In her discussion of the study, Khatri suggested that the ARAMIS results were what might have been expected.
"Dual
antiplatelet therapy is designed to prevent stroke. Even in the POINT
trial, dual antiplatelet therapy showed no effect on 90-day functional
outcome. It was really about prevention. The PRISMS trial suggested that
alteplase was also unlikely to improve 90-day functional outcome in
this population of patients with mild and not clearly disabling stroke.
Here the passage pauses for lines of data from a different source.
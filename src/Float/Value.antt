-- ===== src/Float/Value.antt =====
-- The values that a `float` can have, and that `std::stof` returns one.
use native.Mathlib.Decide.{dec_lt}
use native.Mathlib.Nat.{
  dvd_trans, dvd-mul_left, mul-div_cancel', mul_assoc, mul-le-mul_left, mul-le-mul_right,
  div-add-mod, mod-lt,
}
use tabmo_codding_challenge.Common.{
  ℕ, zero, suc, ◌*◌, ◌/◌, ◌^◌, ◌≤◌, ◌<◌, ◌∣◌, ◌≡◌, inl, inr, sym, ap, subst, ◌∙◌, Bool, arith,
}
use tabmo_codding_challenge.Float.{Float, nan, inf, fin, limit}
use tabmo_codding_challenge.Float.Round.{ulp, spacing, nearest, round_ratio, max_doublings}
use tabmo_codding_challenge.Float.Round.Error.{
  ulp_cases, double_shift, spacing_lem, spacing_pos, round_ratio_lem, nearest_cases,
}
use tabmo_codding_challenge.Float.Round.Exact.{IsRepresentable, round_ratio-IsRepresentable}

-- A value of the type `float`: a finite one has 24 bits and is below the limit.
abbrev pub IsFloat : Float → Type 0
IsFloat nan = Unit
IsFloat (inf s) = Unit
IsFloat (fin s mag) = IsRepresentable mag × (mag < limit)

ulp-dvd_max : (fuel num den unit : ℕ) → ulp fuel num den unit ∣ 2 ^ fuel * unit
ulp-dvd_max zero num den unit = unfold ulp in dvd-mul_left unit 1
ulp-dvd_max (suc fuel) num den unit = elim (ulp_cases fuel num den unit) [
  | inl (_, e) ↦ rw e (dvd-mul_left unit (2 ^ suc fuel))
  | inr (_, e) ↦ rw (e, double_shift fuel unit) (ulp-dvd_max fuel num den (2 * unit))
]

-- A number that is too large stays too large.
limit-le-round_ratio : (num den : ℕ) → 0 < den → den * limit ≤ num → limit ≤ round_ratio num den
limit-le-round_ratio num den pos h =
    let u = spacing num den in
    let d = den * u in
    let div : u ∣ limit =
      dvd_trans _ (rw (spacing_lem num den) (ulp-dvd_max max_doublings num den 1))
        (dvd-mul_left (2 ^ 253 * 1) (2 ^ 24)) in
    let k = limit / u in
    let whole : u * k ≡ limit = mul-div_cancel' u div in
    let pos' : 0 < d = grind (arith, spacing_pos num den) in
    let reach : d * k ≤ num =
      subst (λ t. t ≤ num) (ap (λ t. den * t) (sym whole) ∙ sym (mul_assoc den u k)) h in
    let quotient : k ≤ num / d = elim (dec_lt (num / d) k) [
      | yes p ↦ absurd (omega (arith, mul-le-mul_left d p, div-add-mod num d, mod-lt num pos'))
      | no p ↦ omega arith
    ] in
    let rounded : k ≤ nearest num d = elim (nearest_cases num d) [
      | inl (e, _) ↦ rw e quotient
      | inr (e, _) ↦ rw e (omega arith)
    ] in
    rw round_ratio_lem (omega (arith, mul-le-mul_right u rounded, whole))

round_ratio_small : (num den : ℕ) → 0 < den → round_ratio num den < limit → num < den * limit
round_ratio_small num den pos h = elim (dec_lt num (den * limit)) [
  | yes p ↦ p
  | no p ↦ absurd (let big = limit-le-round_ratio num den pos (omega arith) in omega arith)
]

-- A rounded number below the limit is the value of a `float`.
pub round_ratio-IsFloat :
    (sign : Bool) (num den : ℕ)
    → 0 < den
    → round_ratio num den < limit
    → IsFloat (fin sign (round_ratio num den))
round_ratio-IsFloat sign num den pos h =
    (round_ratio-IsRepresentable num den pos (round_ratio_small num den pos h), h)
So, it is not surprising that dual antiplatelet therapy was noninferior
to alteplase for 90-day functional outcome for both those reasons," she
explained.
"That being said, while
designed as a noninferiority study, it is interesting to note that
alteplase again showed no evidence of treatment effect compared to
antiplatelet therapy, affirming what was observed in the prematurely
terminated PRISMS trial," Khatri added.
In
a discussion of the study at an ISC 2023 highlights session, ISC
program chair Tudor Jovin, MD, Cooper Neurological Institute, Cherry
Hill, New Jersey, said: "This is very important data and it's actually
the first completed trial that examines this question."
But,
he added, "I think we need to refine our knowledge about what a
nondisabling stroke actually is. You could argue that every stroke is
disabling. I think we need more clarity on this definition, as in
practice, many clinicians still give tPA on account of these mild
strokes still being disabling."
The
ARAMIS trial was funded by the National Key R&D Program of China
and the Science and Technology Project Plan of Liao Ning Province.
Nguyen reports research support from Medtronic that was not related to
the current study.
International Stroke Conference (ISC) 2023: Abstract LB23. Presented February 10, 2023.